**Working data:**
━━━━━━━━━━━━━━━━━━━━

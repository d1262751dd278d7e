-- ===== src/Shell/Environment.antt =====
-- The environment commands of src/tetrish/builtin.c: `bad_name`, `bi_setenv`, `bi_unsetenv`. The C
-- library's `setenv` and `unsetenv` refuse a name that is empty or has a `=`.
pub mod Variables
use corestack_peky.Common.{
  ℕ, List, [], ◌∷◌, Option, none, some, Bool, true, false, ◌==◌, ◌&&◌, ◌||◌, not, if◌then◌else◌,
}
use corestack_peky.Text.{str_eq, split_at, ends_with, chop, is_alnum}
use corestack_peky.Shell.Aliases.{equals_sign, single_quote, double_quote}

-- The value of each variable that is set.
abbrev pub Env : Type 0
Env = List ℕ → Option (List ℕ)

abbrev pub has_equals : List ℕ → Bool
has_equals s = elim (split_at equals_sign s) [ none ↦ false | some p ↦ true ]

abbrev pub is_empty : List ℕ → Bool
is_empty [] = true
is_empty (c ∷ s) = false

-- setenv(n, v, 1); `none` is -1.
abbrev pub setenv : List ℕ → List ℕ → Env → Option Env
setenv n v env =
    if is_empty n || has_equals n then none else some (λ m. if str_eq n m then some v else env m)

abbrev pub unsetenv : List ℕ → Env → Option Env
unsetenv n env =
    if is_empty n || has_equals n then none else some (λ m. if str_eq n m then none else env m)

-- The loop over the characters: one is neither a letter or digit nor `_`.
unfoldable pub bad_characters : List ℕ → Bool
bad_characters [] = false
bad_characters (c ∷ s) =
    let rest = bad_characters s in if not (is_alnum c) && not (c == 95) then true else rest

unfoldable pub bad_name : List ℕ → Bool
bad_name s = if is_empty s || has_equals s then true else bad_characters s

-- A value without the quotes around it.
unfoldable pub strip_quotes : List ℕ → List ℕ
strip_quotes [] = []
strip_quotes (c ∷ []) = c ∷ []
strip_quotes (c ∷ d ∷ s) =
    if (c == double_quote || c == single_quote) && ends_with c (d ∷ s)
    then chop (d ∷ s)
    else c ∷ d ∷ s

-- The loop over the arguments; the environment and the status.
unfoldable pub setenv_loop : List (List ℕ) → Env → Env × ℕ
setenv_loop [] env = (env, 0)
setenv_loop (arg ∷ args) env = elim (split_at equals_sign arg) [
  | none ↦ (env, 1)
  | some p ↦ if bad_name p.0 then (env, 1) else elim (setenv p.0 (strip_quotes p.1) env) [
    | none ↦ (env, 1)
    | some env' ↦ setenv_loop args env'
  ]
]

unfoldable pub bi_setenv : List (List ℕ) → Env → Env × ℕ
bi_setenv [] env = (env, 1)
bi_setenv (cmd ∷ []) env = (env, 1)
bi_setenv (cmd ∷ arg ∷ args) env = setenv_loop (arg ∷ args) env

-- The first loop of `bi_unsetenv`: one of the names is refused.
unfoldable pub any_bad : List (List ℕ) → Bool
any_bad [] = false
any_bad (n ∷ names) = let rest = any_bad names in if bad_name n then true else rest

unfoldable pub unsetenv_loop : List (List ℕ) → Env → Env × ℕ
unsetenv_loop [] env = (env, 0)
unsetenv_loop (n ∷ names) env = elim (unsetenv n env) [
  | none ↦ (env, 1)
  | some env' ↦ unsetenv_loop names env'
]

unfoldable pub bi_unsetenv : List (List ℕ) → Env → Env × ℕ
bi_unsetenv [] env = (env, 1)
bi_unsetenv (cmd ∷ []) env = (env, 1)
bi_unsetenv (cmd ∷ n ∷ names) env =
    let rest = unsetenv_loop (n ∷ names) env in if any_bad (n ∷ names) then (env, 1) else rest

━━━━━━━━━━━━━━━━━━━━

**About this task:**
From the data above, output every line exactly.

**Reply to the task:**
repository d1262751dd278d7e
-- ===== src/Shell/Environment.antt =====
-- The environment commands of src/tetrish/builtin.c: `bad_name`, `bi_setenv`, `bi_unsetenv`. The C
-- library's `setenv` and `unsetenv` refuse a name that is empty or has a `=`.
pub mod Variables
use corestack_peky.Common.{
  ℕ, List, [], ◌∷◌, Option, none, some, Bool, true, false, ◌==◌, ◌&&◌, ◌||◌, not, if◌then◌else◌,
}
use corestack_peky.Text.{str_eq, split_at, ends_with, chop, is_alnum}
use corestack_peky.Shell.Aliases.{equals_sign, single_quote, double_quote}

-- The value of each variable that is set.
abbrev pub Env : Type 0
Env = List ℕ → Option (List ℕ)

abbrev pub has_equals : List ℕ → Bool
has_equals s = elim (split_at equals_sign s) [ none ↦ false | some p ↦ true ]

abbrev pub is_empty : List ℕ → Bool
is_empty [] = true
is_empty (c ∷ s) = false

-- setenv(n, v, 1); `none` is -1.
abbrev pub setenv : List ℕ → List ℕ → Env → Option Env
setenv n v env =
    if is_empty n || has_equals n then none else some (λ m. if str_eq n m then some v else env m)

abbrev pub unsetenv : List ℕ → Env → Option Env
unsetenv n env =
    if is_empty n || has_equals n then none else some (λ m. if str_eq n m then none else env m)

-- The loop over the characters: one is neither a letter or digit nor `_`.
unfoldable pub bad_characters : List ℕ → Bool
bad_characters [] = false
bad_characters (c ∷ s) =
    let rest = bad_characters s in if not (is_alnum c) && not (c == 95) then true else rest

unfoldable pub bad_name : List ℕ → Bool
bad_name s = if is_empty s || has_equals s then true else bad_characters s

-- A value without the quotes around it.
unfoldable pub strip_quotes : List ℕ → List ℕ
strip_quotes [] = []
strip_quotes (c ∷ []) = c ∷ []
strip_quotes (c ∷ d ∷ s) =
    if (c == double_quote || c == single_quote) && ends_with c (d ∷ s)
    then chop (d ∷ s)
    else c ∷ d ∷ s

-- The loop over the arguments; the environment and the status.
unfoldable pub setenv_loop : List (List ℕ) → Env → Env × ℕ
setenv_loop [] env = (env, 0)
setenv_loop (arg ∷ args) env = elim (split_at equals_sign arg) [
  | none ↦ (env, 1)
  | some p ↦ if bad_name p.0 then (env, 1) else elim (setenv p.0 (strip_quotes p.1) env) [
    | none ↦ (env, 1)
    | some env' ↦ setenv_loop args env'
  ]
]

unfoldable pub bi_setenv : List (List ℕ) → Env → Env × ℕ
bi_setenv [] env = (env, 1)
bi_setenv (cmd ∷ []) env = (env, 1)
bi_setenv (cmd ∷ arg ∷ args) env = setenv_loop (arg ∷ args) env

-- The first loop of `bi_unsetenv`: one of the names is refused.
unfoldable pub any_bad : List (List ℕ) → Bool
any_bad [] = false
any_bad (n ∷ names) = let rest = any_bad names in if bad_name n then true else rest

unfoldable pub unsetenv_loop : List (List ℕ) → Env → Env × ℕ
unsetenv_loop [] env = (env, 0)
unsetenv_loop (n ∷ names) env = elim (unsetenv n env) [
  | none ↦ (env, 1)
  | some env' ↦ unsetenv_loop names env'
]

unfoldable pub bi_unsetenv : List (List ℕ) → Env → Env × ℕ
bi_unsetenv [] env = (env, 1)
bi_unsetenv (cmd ∷ []) env = (env, 1)
bi_unsetenv (cmd ∷ n ∷ names) env =
    let rest = unsetenv_loop (n ∷ names) env in if any_bad (n ∷ names) then (env, 1) else rest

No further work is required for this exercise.